Si je me base sur le schéma gros/maigre, de nombreux jeunes se considèrent comme trop gros, ce qui n'est pas un problème en soi. Ils font attention à ce qu'ils mangent, font plus de sport. Les changements corporels de la puberté font que le corps présente plus de rondeurs et devient plus lourd. De nombreux jeunes peuvent en être fiers. Cela devient problématique lorsqu'un «régime» ne se termine pas. C'est comme un coureur de fond qui dépasse son objectif et continue à courir. La personne concernée a toujours l'impression d'être trop grosse et veut continuer à perdre du poids. Cela peut l'amener à se retirer de la vie familiale, puis du groupe de pairs, à se préoccuper principalement de nourriture et de calories et à nuire gravement à sa santé. Les adolescents peuvent également se sentir dévalorisés de manière générale, simplement parce qu'ils ne correspondent pas à ce que l'on appelle l'idéal corporel.
Comment travaillez-vous avec vos jeunes patients ?

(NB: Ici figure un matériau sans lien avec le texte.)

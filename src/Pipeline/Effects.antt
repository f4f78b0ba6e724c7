-- ===== src/Pipeline/Effects.antt =====
-- What a packet may change in the pipeline, by its terminal result.
use upfpolicyengine.Common.{
  ℕ, ◌≡◌, refl, inl, inr, true, none, some, List, push_back, arith, has_value, ltb, length,
  Bool-cases,
}
use upfpolicyengine.Common.Dict.{Dict, SameKeys, lookup, insert, lookup-insert}
use upfpolicyengine.Common.Text.{Text}
use upfpolicyengine.Packet.{Packet, TunnelMetadata}
use upfpolicyengine.Decision.{
  PacketDecision, TerminalResult, forwarded_to_n3, forwarded_to_n6, far_dropped, no_match,
  malformed_packet, gate_closed, rate_limited, packet_queue_full, shutdown_deadline,
  arithmetic_error, capacity_error,
}
use upfpolicyengine.RuntimeState.{RuntimeState}
use upfpolicyengine.Pipeline.State.{Pipeline, retain}

-- The part of the pipeline that packets are for: without the decisions and events that record them.
pub record Store : Type 0 where
  pub runtime : RuntimeState
  pub n3_sink : List Packet
  pub n6_sink : List Packet
  pub reports : List Text

abbrev pub store_of : Pipeline → Store
store_of p = record {
  runtime = p.runtime;
  n3_sink = p.n3_sink;
  n6_sink = p.n6_sink;
  reports = p.reports;
}

abbrev pub SameSinks : Store → Store → Type 0
SameSinks p q = (q.n3_sink ≡ p.n3_sink) × (q.n6_sink ≡ p.n6_sink)

-- A forwarded packet goes to one sink, with nothing changed but its tunnel; a packet over its rate
-- can change the buckets only; any other refusal changes nothing; and two results never occur.
abbrev pub Effect : TerminalResult → Packet → Store → Store → Type 0
Effect forwarded_to_n3 packet p q =
    (t : TunnelMetadata) × (q.n3_sink ≡ push_back p.n3_sink (record packet { tunnel = some t }))
    × (q.n6_sink ≡ p.n6_sink)
Effect forwarded_to_n6 packet p q =
    (q.n6_sink ≡ push_back p.n6_sink (record packet { tunnel = none })) × (q.n3_sink ≡ p.n3_sink)
Effect far_dropped packet p q = SameSinks p q
Effect rate_limited packet p q =
    (q.runtime.urrs ≡ p.runtime.urrs) × (q.reports ≡ p.reports) × SameSinks p q
Effect packet_queue_full packet p q = ⊥
Effect shutdown_deadline packet p q = ⊥
Effect no_match packet p q = q ≡ p
Effect malformed_packet packet p q = q ≡ p
Effect gate_closed packet p q = q ≡ p
Effect arithmetic_error packet p q = q ≡ p
Effect capacity_error packet p q = q ≡ p

-- What every packet leaves alone: the limits, the rules, the generations, and which rules have a
-- state.
abbrev pub Frame : Pipeline → Pipeline → Type 0
Frame p q =
    (q.limits ≡ p.limits)
    × (q.rules ≡ p.rules)
    × SameKeys p.runtime.qers q.runtime.qers
    × SameKeys p.runtime.urrs q.runtime.urrs
    × (q.runtime.qer_generations ≡ p.runtime.qer_generations)
    × (q.runtime.urr_generations ≡ p.runtime.urr_generations)

abbrev pub Done : Packet → Pipeline → Pipeline → PacketDecision → Type 0
Done packet p q d = Effect d.terminal_result packet (store_of p) (store_of q) × Frame p q

-- What `retain` adds is neither effect nor frame.
pub retain-Done :
    (packet : Packet) (p q : Pipeline) (d : PacketDecision)
    → Done packet p q d
    → Done packet p (retain q d).0 (retain q d).1
unfolding retain
retain-Done packet p q d h = elim (Bool-cases (ltb (length q.events) q.limits.events)) [
  | inl e ↦ rw (e, retain) h
  | inr e ↦ rw (e, retain) h
]

pub Frame-refl : (p : Pipeline) → Frame p p
Frame-refl p = (refl, refl, (λ k. refl), (λ k. refl), refl, refl)

-- Storing at a key that is there adds no key.
pub insert-SameKeys {ℓ} :
    {V : Type ℓ} (k : ℕ) (v : V) (m : Dict V)
    → has_value (lookup k m) ≡ true
    → SameKeys m (insert k v m)
insert-SameKeys k v m h j = ground (arith, lookup-insert k j v m)
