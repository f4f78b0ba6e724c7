-- ===== src/Rules/Lookup.antt =====
-- The lookups by identifier (src/domain/validation.cpp): a rule that is found has the identifier,
-- and has whatever all the rules have.
use upfpolicyengine.Common.{
  ◌≡◌, List, [], ◌∷◌, some, All, ◌==◌, Bool-cases, inl, inr, some_inj, subst,
}
use upfpolicyengine.Types.{RuleId, RuleId_Eq, id_eq_iff}
use upfpolicyengine.Rules.{HasId, find_rule}

module _ {ℓ κ} {A : Type ℓ} ⦃h : HasId A⦄ where
  pub find_rule-All :
      (P : A → Type κ) (id : RuleId) (rs : List A) {r : A}
      → All P rs
      → find_rule id rs ≡ some r
      → P r × (h.id_of r ≡ id)
  unfolding find_rule
  find_rule-All P id [] all e = cc
  find_rule-All P id (x ∷ rs) {r} all e = elim (Bool-cases (h.id_of x == id)) [
    | inl hit ↦
        let same = some_inj (rw hit at e) in
        (subst P same all.0, subst (λ y. h.id_of y ≡ id) same ((id_eq_iff (h.id_of x) id).0 hit))
    | inr miss ↦ find_rule-All P id rs all.1 (rw miss at e)
  ]
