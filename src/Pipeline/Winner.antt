-- ===== src/Pipeline/Winner.antt =====
-- The winner of the loop over the PDRs (`PacketPipeline::process`): a PDR that matches the packet,
-- of the lowest precedence among those that do.
use native.Mathlib.Nat.{le_trans}
use upfpolicyengine.Common.{
  ◌≤◌, ◌<◌, ◌≡◌, refl, ◌⊎◌, inl, inr, true, Option, none, some, List, [], ◌∷◌, arith, ltb,
  push_back, Bool-cases, WhenSome, All, Any, here, there, some_inj, subst,
}
use upfpolicyengine.Address.{Inet}
use upfpolicyengine.Packet.{Packet}
use upfpolicyengine.Rules.{Pdr}
use upfpolicyengine.Decision.{MatchCandidate}
use upfpolicyengine.Matcher.{evaluate_candidate}
use upfpolicyengine.Pipeline.Select.{better, scan}

module _ (inet : Inet) (packet : Packet) where
  abbrev pub Matched : Pdr → Type 0
  Matched pdr = (evaluate_candidate inet pdr packet).matched ≡ true

  -- No PDR that matches comes before `w`.
  abbrev pub Yields : Pdr → Pdr → Type 0
  Yields w pdr = Matched pdr → w.precedence ≤ pdr.precedence

  -- A matching PDR of the list, of the lowest precedence.
  pub record IsWinner (pdrs : List Pdr) (w : Pdr) : Type 0 where
    pub listed : Any (λ pdr. pdr ≡ w) pdrs
    pub matched : Matched w
    pub lowest : All (Yields w) pdrs

  -- What the loop has found behind a winner so far.
  abbrev pub Scanned : List Pdr → Option Pdr → Option Pdr → Type 0
  Scanned pdrs before none = (before ≡ none) × All (λ pdr. ¬ Matched pdr) pdrs
  Scanned pdrs before (some w) =
      ((before ≡ some w) ⊎ (Any (λ pdr. pdr ≡ w) pdrs × Matched w))
      × All (Yields w) pdrs
      × WhenSome before (λ b. w.precedence ≤ b.precedence)

  -- A PDR that takes the place of the winner so far.
  taken_before :
      (pdr w : Pdr) (before : Option Pdr)
      → w.precedence ≤ pdr.precedence
      → WhenSome before (λ b. pdr.precedence < b.precedence)
      → WhenSome before (λ b. w.precedence ≤ b.precedence)
  taken_before pdr w none le lt = tt
  taken_before pdr w (some b) le lt = omega arith

  taken-Scanned :
      (pdr : Pdr) (pdrs : List Pdr) (before after : Option Pdr)
      → Matched pdr
      → WhenSome before (λ b. pdr.precedence < b.precedence)
      → Scanned pdrs (some pdr) after
      → Scanned (pdr ∷ pdrs) before after
  taken-Scanned pdr pdrs before none m lower h = cc (h.0)
  taken-Scanned pdr pdrs before (some w) m lower (inl e, all, le) = (
    inr (here (some_inj e), subst Matched (some_inj e) m),
    ((λ _. le), all),
    taken_before pdr w before le lower,
  )
  taken-Scanned pdr pdrs before (some w) m lower (inr (a, mw), all, le) =
      (inr (there a, mw), ((λ _. le), all), taken_before pdr w before le lower)

  -- A PDR that does not.
  abbrev Passed : Pdr → Option Pdr → Type 0
  Passed pdr none = ¬ Matched pdr
  Passed pdr (some b) = Yields b pdr

  Passed-Scanned :
      (pdr : Pdr) (pdrs : List Pdr) (before after : Option Pdr)
      → Passed pdr before
      → Scanned pdrs before after
      → Scanned (pdr ∷ pdrs) before after
  Passed-Scanned pdr pdrs none none pass h = (h.0, (pass, h.1))
  Passed-Scanned pdr pdrs (some b) none pass h = cc (h.0)
  Passed-Scanned pdr pdrs none (some w) pass (inl e, all, le) = cc e
  Passed-Scanned pdr pdrs none (some w) pass (inr (a, m), all, le) =
      (inr (there a, m), ((λ matched. absurd (pass matched)), all), tt)
  Passed-Scanned pdr pdrs (some b) (some w) pass (inl e, all, le) =
      (inl e, ((λ matched. le_trans le (pass matched)), all), le)
  Passed-Scanned pdr pdrs (some b) (some w) pass (inr (a, m), all, le) =
      (inr (there a, m), ((λ matched. le_trans le (pass matched)), all), le)

  abbrev Better : Pdr → Option Pdr → Type 0
  Better pdr before =
      let after = better (evaluate_candidate inet pdr packet).matched pdr before in
      ((after ≡ some pdr) × Matched pdr × WhenSome before (λ b. pdr.precedence < b.precedence))
      ⊎ ((after ≡ before) × Passed pdr before)

  Better-cases : (pdr : Pdr) (before : Option Pdr) → Better pdr before
  unfolding better
  Better-cases pdr none = elim (Bool-cases (evaluate_candidate inet pdr packet).matched) [
    | inl m ↦ inl (rw (m, better), m, tt)
    | inr m ↦ inr (rw (m, better), λ m'. cc)
  ]
  Better-cases pdr (some b) = elim (Bool-cases (evaluate_candidate inet pdr packet).matched) [
    | inr m ↦ inr (rw (m, better), λ m'. cc)
    | inl m ↦ elim (Bool-cases (ltb pdr.precedence b.precedence)) [
      | inl lower ↦ inl (rw (m, lower, better), m, ground arith)
      | inr higher ↦ inr (rw (m, higher, better), λ _. ground arith)
    ]
  ]

  scan-Scanned :
      (pdrs : List Pdr) (candidates : List MatchCandidate) (before : Option Pdr)
      → Scanned pdrs before (scan inet packet pdrs candidates before).1
  unfolding scan
  scan-Scanned [] candidates none = (refl, tt)
  scan-Scanned [] candidates (some b) = (inl refl, tt, omega arith)
  scan-Scanned (pdr ∷ pdrs) candidates before =
      let rest = scan-Scanned pdrs (push_back candidates (evaluate_candidate inet pdr packet)) in
      elim (Better-cases pdr before) [
        | inl (e, m, lower) ↦
            rw (e, scan) (taken-Scanned pdr pdrs before _ m lower (rest (some pdr)))
        | inr (e, pass) ↦ rw (e, scan) (Passed-Scanned pdr pdrs before _ pass (rest before))
      ]

  -- From no winner so far: the loop ends with a winner, or no PDR matches.
  abbrev pub Selected : List Pdr → Option Pdr → Type 0
  Selected pdrs none = All (λ pdr. ¬ Matched pdr) pdrs
  Selected pdrs (some w) = IsWinner pdrs w

  Scanned-Selected :
      (pdrs : List Pdr) (after : Option Pdr) → Scanned pdrs none after → Selected pdrs after
  Scanned-Selected pdrs none h = h.1
  Scanned-Selected pdrs (some w) (inl e, all, le) = cc e
  Scanned-Selected pdrs (some w) (inr (a, m), all, le) = record {
    listed = a;
    matched = m;
    lowest = all;
  }

  -- The loop over the PDRs ends with a listed PDR that matches the packet and is of the lowest
  -- precedence among those that match; or with none, and then no PDR matches.
  pub scan-Selected : (pdrs : List Pdr) → Selected pdrs (scan inet packet pdrs [] none).1
  scan-Selected pdrs = Scanned-Selected pdrs _ (scan-Scanned pdrs [] none)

J'essaie de connaître le point de vue du jeune concerné. Beaucoup de ceux qui viennent me voir ont une image négative d'eux-mêmes, qui ne correspond pas à la réalité ou qui est unilatérale. Ce n'est pas seulement la «façade du corps» qui les caractérise, mais de nombreuses autres caractéristiques - leur façon de penser, de ressentir, qui ils sont, leurs capacités spécifiques et d'autres facettes de leur personnalité. J'élargis ainsi la perspective et j'essaie de renforcer la confiance en soi de l'enfant en l'aidant à reconnaître ses qualités individuelles. S'il existe des causes concrètes ou des déclencheurs de leurs difficultés, comme le harcèlement, les difficultés scolaires, les problèmes familiaux, les expériences traumatisantes, il faut bien sûr s'y attaquer, si possible en impliquant les adultes concernés.
Se débattre avec son propre corps fait partie de la puberté. Quand a-t-on besoin d'une aide professionnelle ?
D'une manière générale, je recommande, en cas de changement de comportement ou d'humeur des jeunes qui inquiètent ou déstabilisent les parents, d'en parler à un spécialiste, par exemple d'abord au pédiatre ou au médecin de famille. Celui-ci prescrira éventuellement un traitement pédopsychiatrique ou psychothérapeutique. Les interventions dans une phase précoce sont généralement plus courtes que pour des problèmes de santé plus avancés. Je constate également de manière positive que le seuil de recours à une aide spécialisée est aujourd'hui plus bas qu'auparavant.
Sur la personne :
Susanna Zürrer-Simmen est médecin spécialiste FMH en psychiatrie et pédopsychiatrie à Wetzikon ZH.